Estonia/Byelorussia  

For some reason, political prisoners, state-controlled television and megalomaniacal dictators seem to belong to a different world than jeans, cell phones, digital cameras and instant soup. Violence and injustice is harder to recognize in combination with these signs of so-called civilisation. Especially when it happens right under our European noses.

Kalinovski Square makes a bold, almost Michael Moorian, statement against the powers that be in Byelorussia. Commander-In-Chief Lukashenko has won the presidential elections for the third time in a row, with a staggering 80% of the votes. Not surprisingly the people suspect that the results have been meddled with, and the film shows them starting a demonstration at Oktober Square - renamed ‘Kalinovski’ - in Minsk. Most of them are youngsters, students in jeans, who are strong enough to hold out in the raging blizzards and icy coldness of the white Russian winter. Besides the elements, they have to fight a government which uses every possible means it can think of to, firstly break the demonstrators’ spirits, and secondly get rid of them. But Lukashenko always thinks only about the happiness of his people. “See ?”, a voice says with the image of a pondering president, “He is thinking about it now”.

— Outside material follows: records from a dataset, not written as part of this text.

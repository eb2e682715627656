-- ===== src/Backtest/LobsterReplay/Slots.antt =====
-- The replay's map of slots follows the orders of its stream.
use nano_trade.Base.{
  ℕ, ◌+◌, ◌<◌, ◌≤◌, ◌≡◌, ◌≢◌, refl, sym, ap, ◌∙◌, arith, Bool, true, ◌||◌, ◌==◌, not, if-holds, ltb,
  if◌then◌else◌, Bool-cases, Option-cases, inl, inr, ◌⊎◌, update, Option, none, some, List, [], ◌∷◌,
  ◌++◌,
}
use nano_trade.Common.Types.{me_max_order_ids, to_u64}
use nano_trade.Exchange.Messages.{MarketUpdateType, MdpMarketUpdate}
use nano_trade.Backtest.Csv.{Text}
use nano_trade.Backtest.Stream.{
  is_add, is_cancel, is_invalid, after, IsStream, final, next_num, IsStream-snoc, final-snoc,
  next_num-snoc, no_orders,
}
use nano_trade.Backtest.LobsterReplay.{
  LobsterReplay, FromChars, Row, skip_row, row_update, emit_row, new_row, slot_row, replay_row,
  replay_line, replay_lines, parse_row, init, map_type,
}

-- Every kind but ADD is about an order that is there.
abbrev pub names_order : MarketUpdateType → Bool
names_order t = not (is_add t)

-- What the map of slots knows of the stream.
record IsTracked (s : LobsterReplay) : Type 0 where
  stream : IsStream names_order 1 no_orders s.emitted
  number : next_num 1 s.emitted ≡ s.seq_num
  live : (o k : ℕ) → s.lobster_id_to_slot o ≡ some k → final no_orders s.emitted k ≡ true
  bounded : (o k : ℕ) → s.lobster_id_to_slot o ≡ some k → k < s.next_slot
  distinct : (o p k : ℕ) → s.lobster_id_to_slot o ≡ some k → s.lobster_id_to_slot p ≡ some k → o ≡ p
  fits : s.next_slot ≤ me_max_order_ids

module _ (s : LobsterReplay) (slot : ℕ) (type : MarketUpdateType) (row : Row)
    (v : IsTracked s) where
  abbrev sent : MdpMarketUpdate
  sent = record { seq_num = s.seq_num; me_market_update = row_update s.ticker_id slot type row }

  sent-IsStream :
      slot < me_max_order_ids
      → (not (names_order type) || final no_orders s.emitted slot) ≡ true
      → IsStream names_order 1 no_orders (s.emitted ++ sent ∷ [])
  unfolding row_update
  sent-IsStream h l =
      IsStream-snoc names_order 1 no_orders s.emitted sent v.stream (sym v.number, h, l, tt)

  sent-number : next_num 1 (s.emitted ++ sent ∷ []) ≡ to_u64 (s.seq_num + 1)
  sent-number = next_num-snoc 1 s.emitted sent ∙ ap (λ n. to_u64 (n + 1)) v.number

  sent-live :
      final no_orders (s.emitted ++ sent ∷ [])
      ≡ after (final no_orders s.emitted) (row_update s.ticker_id slot type row)
  sent-live = final-snoc no_orders s.emitted sent

  -- Whatever the row of an order with a slot is.
  emit_row-IsTracked :
      s.lobster_id_to_slot row.lobster_oid ≡ some slot → IsTracked (emit_row s slot type row)
  unfolding emit_row row_update
  emit_row-IsTracked known = record {
    stream =
        sent-IsStream (omega (arith, v.bounded row.lobster_oid slot known, v.fits))
          (rw (v.live row.lobster_oid slot known) (ground arith));
    number = sent-number;
    live = λ o k e. ap (λ f. f k) sent-live ∙ still o k e;
    bounded = λ o k e. v.bounded o k (before o k e);
    distinct = λ o p k e f. v.distinct o p k (before o k e) (before p k f);
    fits = v.fits;
  }
    where
      map : ℕ → Option ℕ
      map =
          if is_cancel type
          then update s.lobster_id_to_slot row.lobster_oid none
          else s.lobster_id_to_slot

      before : (o k : ℕ) → map o ≡ some k → s.lobster_id_to_slot o ≡ some k
      before o k e = ground (arith, e)

      away : (o k : ℕ) → map o ≡ some k → is_cancel type ≡ true → k ≢ slot
      away o k e c q =
          let same : o ≡ row.lobster_oid =
            v.distinct o row.lobster_oid slot (before o k e ∙ ap some q) known in
          ground (arith, e, same, c)

      still :
          (o k : ℕ)
          → map o ≡ some k
          → after (final no_orders s.emitted) (row_update s.ticker_id slot type row) k ≡ true
      still o k e =
          let l : final no_orders s.emitted k ≡ true = v.live o k (before o k e) in
          elim (Bool-cases (is_cancel type)) [
            | inl c ↦ let n : k ≢ slot = (λ q. away o k e c q) in ground (arith, l, n, c)
            | inr c ↦ ground (arith, l, c)
          ]

-- An ADD of an order without a slot.
module _ (s : LobsterReplay) (row : Row) (v : IsTracked s) where
  abbrev added : ℕ → Option ℕ
  added = update s.lobster_id_to_slot row.lobster_oid (some s.next_slot)

  added-cases :
      (o k : ℕ)
      → added o ≡ some k
      → ((o ≡ row.lobster_oid) × (k ≡ s.next_slot)) ⊎ (s.lobster_id_to_slot o ≡ some k)
  added-cases o k e = elim (Bool-cases (o == row.lobster_oid)) [
    | inl q ↦ inl (ground (arith, q), ground (arith, e, q))
    | inr q ↦ inr (ground (arith, e, q))
  ]

  added-bounded : (o k : ℕ) → added o ≡ some k → k < s.next_slot + 1
  added-bounded o k e = elim (added-cases o k e) [
    | inl (_, q) ↦ omega (arith, q)
    | inr g ↦ omega (arith, v.bounded o k g)
  ]

  added-distinct : (o p k : ℕ) → added o ≡ some k → added p ≡ some k → o ≡ p
  added-distinct o p k e f = elim (added-cases o k e) [
    | inl (a, q) ↦ elim (added-cases p k f) [
      | inl (b, _) ↦ a ∙ sym b
      | inr g ↦ absurd (omega (arith, q, v.bounded p k g))
    ]
    | inr g ↦ elim (added-cases p k f) [
      | inl (_, q) ↦ absurd (omega (arith, q, v.bounded o k g))
      | inr h ↦ v.distinct o p k g h
    ]
  ]

  added-live :
      (o k : ℕ) → added o ≡ some k → update (final no_orders s.emitted) s.next_slot true k ≡ true
  added-live o k e = elim (added-cases o k e) [
    | inl (_, q) ↦ ground (arith, q)
    | inr g ↦ let l : final no_orders s.emitted k ≡ true = v.live o k g in ground (arith, l)
  ]

  emit_new-IsTracked :
      s.next_slot < me_max_order_ids
      → IsTracked (
          emit_row
            (record s { lobster_id_to_slot = added; next_slot = s.next_slot + 1 })
            s.next_slot
            MarketUpdateType.add
            row)
  unfolding emit_row row_update
  emit_new-IsTracked h = record {
    stream = sent-IsStream s s.next_slot MarketUpdateType.add row v h refl;
    number = sent-number s s.next_slot MarketUpdateType.add row v;
    live = λ o k e.
        ap (λ f. f k) (sent-live s s.next_slot MarketUpdateType.add row v) ∙ added-live o k e;
    bounded = added-bounded;
    distinct = added-distinct;
    fits = omega (arith, h);
  }

is_add-eq : (t : MarketUpdateType) → is_add t ≡ true → t ≡ MarketUpdateType.add
is_add-eq t e = ground (arith, e)

skip_row-IsTracked : (s : LobsterReplay) → IsTracked s → IsTracked (skip_row s)
skip_row-IsTracked s v = record {
  stream = v.stream;
  number = v.number;
  live = v.live;
  bounded = v.bounded;
  distinct = v.distinct;
  fits = v.fits;
}

new_row-IsTracked :
    (s : LobsterReplay) (type : MarketUpdateType) (row : Row)
    → IsTracked s
    → IsTracked (new_row s type row)
unfolding new_row
new_row-IsTracked s type row v = elim (Bool-cases (is_add type)) [
  | inl a ↦ elim (Bool-cases (ltb s.next_slot me_max_order_ids)) [
    | inl b ↦ rw (is_add-eq type a, b) (emit_new-IsTracked s row v (ground (arith, b)))
    | inr b ↦
        rw (a, b)
          (record {
            stream = v.stream;
            number = v.number;
            live = v.live;
            bounded = v.bounded;
            distinct = v.distinct;
            fits = v.fits;
          })
  ]
  | inr a ↦ rw a (skip_row-IsTracked s v)
]

replay_row-IsTracked : (s : LobsterReplay) (row : Row) → IsTracked s → IsTracked (replay_row s row)
unfolding replay_row slot_row
replay_row-IsTracked s row v = elim (Bool-cases (is_invalid (map_type row.lobster_type))) [
  | inl e ↦ rw e (skip_row-IsTracked s v)
  | inr e ↦ elim (Option-cases (s.lobster_id_to_slot row.lobster_oid)) [
    | inl n ↦ rw (e, n) (new_row-IsTracked s (map_type row.lobster_type) row v)
    | inr (k, n) ↦ rw (e, n) (emit_row-IsTracked s k (map_type row.lobster_type) row v n)
  ]
]

replay_line-IsTracked :
    (from_chars : FromChars) (s : LobsterReplay) (l : Text)
    → IsTracked s
    → IsTracked (replay_line from_chars s l)
unfolding replay_line
replay_line-IsTracked from_chars s [] v = v
replay_line-IsTracked from_chars s (c ∷ cs) v =
    replay_row-IsTracked s (parse_row from_chars (c ∷ cs)) v

replay_lines-IsTracked :
    (from_chars : FromChars) (s : LobsterReplay) (ls : List Text)
    → IsTracked s
    → IsTracked (replay_lines from_chars s ls)
unfolding replay_lines
replay_lines-IsTracked from_chars s [] v = v
replay_lines-IsTracked from_chars s (l ∷ ls) v = if-holds IsTracked s.ended v (
    replay_lines-IsTracked from_chars (replay_line from_chars s l) ls
      (replay_line-IsTracked from_chars s l v))

-- Whatever the lines of the file and whatever numbers their fields are read as: the messages of the
-- replay are numbered in turn from 1, their order numbers are inside the arrays of a book, and each
-- but an ADD is about an order that has been added and has not been cancelled since.
pub replay_lines-IsStream :
    (from_chars : FromChars) (ticker_id : ℕ) (ls : List Text)
    → IsStream names_order 1 no_orders (replay_lines from_chars (init ticker_id) ls).emitted
unfolding init
replay_lines-IsStream from_chars ticker_id ls = IsTracked.stream (
    replay_lines-IsTracked from_chars (init ticker_id) ls (record {
      stream = tt;
      number = refl;
      live = λ o k e. ground (arith, e);
      bounded = λ o k e. ground (arith, e);
      distinct = λ o p k e f. ground (arith, e);
      fits = omega arith;
    }))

Through Khashchavatski’s grandfatherly voice-over, we get lulled into what seems like a bedtime fairytale. It doesn’t appear to be real at first. The combination of found footage and an explanatory yet mocking narrator would have almost taken the film to the verge of fiction, had it not been that the outcome is strongly sarcastic. With that, the personal testimonies and the camera in the centre of action show that what we see actually is real.

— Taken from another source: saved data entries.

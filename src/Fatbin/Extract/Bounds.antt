-- ===== src/Fatbin/Extract/Bounds.antt =====
-- The loop of `extract_one` of src/corex_fatbin_runtime.c: its rounds, its reads and its result.
use x_remote_runtime.Prelude.{
  ℕ, zero, suc, ◌+◌, ◌≤◌, ◌<◌, ◌≡◌, ◌≢◌, ◌⊎◌, inl, inr, refl, arith, List, false, ◌==◌, leb, length,
  drop, length-drop, Bool-cases,
}
use x_remote_runtime.Bytes.{Outcome, fault, reject, accept, little_endian}
use x_remote_runtime.Fatbin.Elf.{valid_iluvatar_elf}
use x_remote_runtime.Bytes.Ensures.{
  Ensures, Ensures-safe, Ensures-accept, bind-Ensures, check-Ensures,
}
use x_remote_runtime.Bytes.Ensures.{rd-accept}
use x_remote_runtime.Fatbin.Elf.Safety.{valid_iluvatar_elf_safe, valid_iluvatar_elf-IsExtent}
use x_remote_runtime.Fatbin.Extract.{
  Found, nothing_found, extract_round, extract_rounds, extract_one,
}

-- What is found so far is an image of the buffer, if anything is.
abbrev pub IsImage : List ℕ → Found → Type 0
IsImage fatbin f =
    (f.count ≡ 0)
    ⊎ ((f.found_off + f.found_size ≤ length fatbin)
        × (valid_iluvatar_elf (drop f.found_off fatbin) ≡ accept f.found_size))

Outcome-cases :
    {A : Type 0} (o : Outcome A) → (o ≡ fault) ⊎ ((o ≡ reject) ⊎ ((a : A) × (o ≡ accept a)))
Outcome-cases fault = inl refl
Outcome-cases reject = inr (inl refl)
Outcome-cases (accept a) = inr (inr (a, refl))

-- A round advances.
extract_round-Ensures :
    (fatbin : List ℕ) (off : ℕ) (found : Found)
    → off + 4 ≤ length fatbin
    → IsImage fatbin found
    → Ensures (λ r. (off < r.0) × IsImage fatbin r.1) (extract_round fatbin off found)
unfolding extract_round
extract_round-Ensures fatbin off found room image =
    rw (rd-accept 4 fatbin off room)
      (elim (Bool-cases (little_endian 4 (drop off fatbin) == 1179403647)) [
        | inr other ↦ rw other (omega arith, image)
        | inl magic ↦ rw magic (elim (Outcome-cases (valid_iluvatar_elf (drop off fatbin))) [
          | inl bad ↦ absurd (valid_iluvatar_elf_safe (drop off fatbin) bad)
          | inr (inl refused) ↦ rw refused (omega arith, image)
          | inr (inr (e, taken)) ↦
              (let (h, extent) = valid_iluvatar_elf-IsExtent (drop off fatbin) e taken in
                rw taken (
                  ground arith,
                  inr (
                    omega (arith, extent.whole.0, extent.whole.1, length-drop off fatbin),
                    taken,
                  ),
                ))
        ])
      ])

extract_rounds-Ensures :
    (fuel : ℕ) (fatbin : List ℕ) (off : ℕ) (found : Found)
    → IsImage fatbin found
    → Ensures (IsImage fatbin) (extract_rounds fuel fatbin off found)
unfolding extract_rounds
extract_rounds-Ensures zero fatbin off found image = image
extract_rounds-Ensures (suc fuel) fatbin off found image =
    elim (Bool-cases (leb (off + 4) (length fatbin))) [
      | inr done ↦ rw (extract_rounds, done) image
      | inl room ↦
          rw (extract_rounds, room)
            (bind-Ensures (IsImage fatbin) (λ r. (off < r.0) × IsImage fatbin r.1)
              (extract_round fatbin off found) _
              (extract_round-Ensures fatbin off found (ground arith) image)
              λ r (later, image'). extract_rounds-Ensures fuel fatbin r.0 r.1 image')
    ]

-- With a round for each byte that is left, more fuel changes nothing: the loop has ended by itself.
extract_rounds-enough :
    (fuel more : ℕ) (fatbin : List ℕ) (off : ℕ) (found : Found)
    → IsImage fatbin found
    → length fatbin ≤ off + fuel
    → extract_rounds (fuel + more) fatbin off found ≡ extract_rounds fuel fatbin off found
unfolding extract_rounds
extract_rounds-enough zero zero fatbin off found image b = refl
extract_rounds-enough zero (suc more) fatbin off found image b =
    let done : leb (off + 4) (length fatbin) ≡ false = ground arith in
    let e : 0 + suc more ≡ suc more = omega arith in rw (e, extract_rounds, done) refl
extract_rounds-enough (suc fuel) more fatbin off found image b =
    let e : suc fuel + more ≡ suc (fuel + more) = omega arith in
    elim (Bool-cases (leb (off + 4) (length fatbin))) [
      | inr done ↦ rw (e, extract_rounds, done) refl
      | inl room ↦ elim (Outcome-cases (extract_round fatbin off found)) [
        | inl bad ↦ rw (e, extract_rounds, room, bad) refl
        | inr (inl refused) ↦ rw (e, extract_rounds, room, refused) refl
        | inr (inr (r, went)) ↦
            (let (later, image') =
                Ensures-accept (λ r. (off < r.0) × IsImage fatbin r.1)
                  (extract_round fatbin off found)
                  (extract_round-Ensures fatbin off found (ground arith) image) went in
              rw (e, extract_rounds, room, went)
                (extract_rounds-enough fuel more fatbin r.0 r.1 image' (omega arith)))
      ]
    ]

extract_one-Ensures :
    (fatbin : List ℕ)
    → Ensures
        (λ r. (r.0 + r.1 ≤ length fatbin) × (valid_iluvatar_elf (drop r.0 fatbin) ≡ accept r.1))
        (extract_one fatbin)
unfolding extract_one
extract_one-Ensures fatbin =
    bind-Ensures _ (IsImage fatbin) (extract_rounds (length fatbin) fatbin 0 nothing_found) _
      (extract_rounds-Ensures (length fatbin) fatbin 0 nothing_found (inl refl))
      λ f image.
        check-Ensures _ (f.count == 1) (accept (f.found_off, f.found_size))
          λ one. ground (arith, image)

-- `extract_one` reads no byte outside the fat binary.
pub extract_one_safe : (fatbin : List ℕ) → extract_one fatbin ≢ fault
extract_one_safe fatbin =
    Ensures-safe
      (λ r. (r.0 + r.1 ≤ length fatbin) × (valid_iluvatar_elf (drop r.0 fatbin) ≡ accept r.1))
      (extract_one fatbin) (extract_one-Ensures fatbin)

-- The image that `extract_one` reports lies in the fat binary, and `valid_iluvatar_elf` accepts what
-- stands at its offset with its size.
pub extract_one-valid_iluvatar_elf :
    (fatbin : List ℕ) (off size : ℕ)
    → extract_one fatbin ≡ accept (off, size)
    → (off + size ≤ length fatbin) × (valid_iluvatar_elf (drop off fatbin) ≡ accept size)
extract_one-valid_iluvatar_elf fatbin off size e =
    Ensures-accept
      (λ r. (r.0 + r.1 ≤ length fatbin) × (valid_iluvatar_elf (drop r.0 fatbin) ≡ accept r.1))
      (extract_one fatbin) (extract_one-Ensures fatbin) e

-- The loop of `extract_one` ends: with a round for each byte it has ended by itself, and further rounds
-- change nothing.
pub extract_one-enough :
    (fatbin : List ℕ) (more : ℕ)
    → extract_rounds (length fatbin + more) fatbin 0 nothing_found
      ≡ extract_rounds (length fatbin) fatbin 0 nothing_found
extract_one-enough fatbin more =
    extract_rounds-enough (length fatbin) more fatbin 0 nothing_found (inl refl) (omega arith)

After a while, the kind grandfather turns into an annoying repetitive schoolmaster, who points out the same thing with an almost palpable passive-aggressiveness over and over again, leaving us feeling like little children who can’t keep up. Luckily, the balance between this voice-over, interviews and the actively co-demonstrating camera saves the film from becoming tiresome and it succeeds in making its point. To make a film like this in Byelorussia is a big risk for Khashchavatski. Freedom of speech does not exist and many journalists have disappeared. Kalinovski Square has been put on a black list. This only serves to underscore the general argument against a government that is unwilling to see the needs of its own people.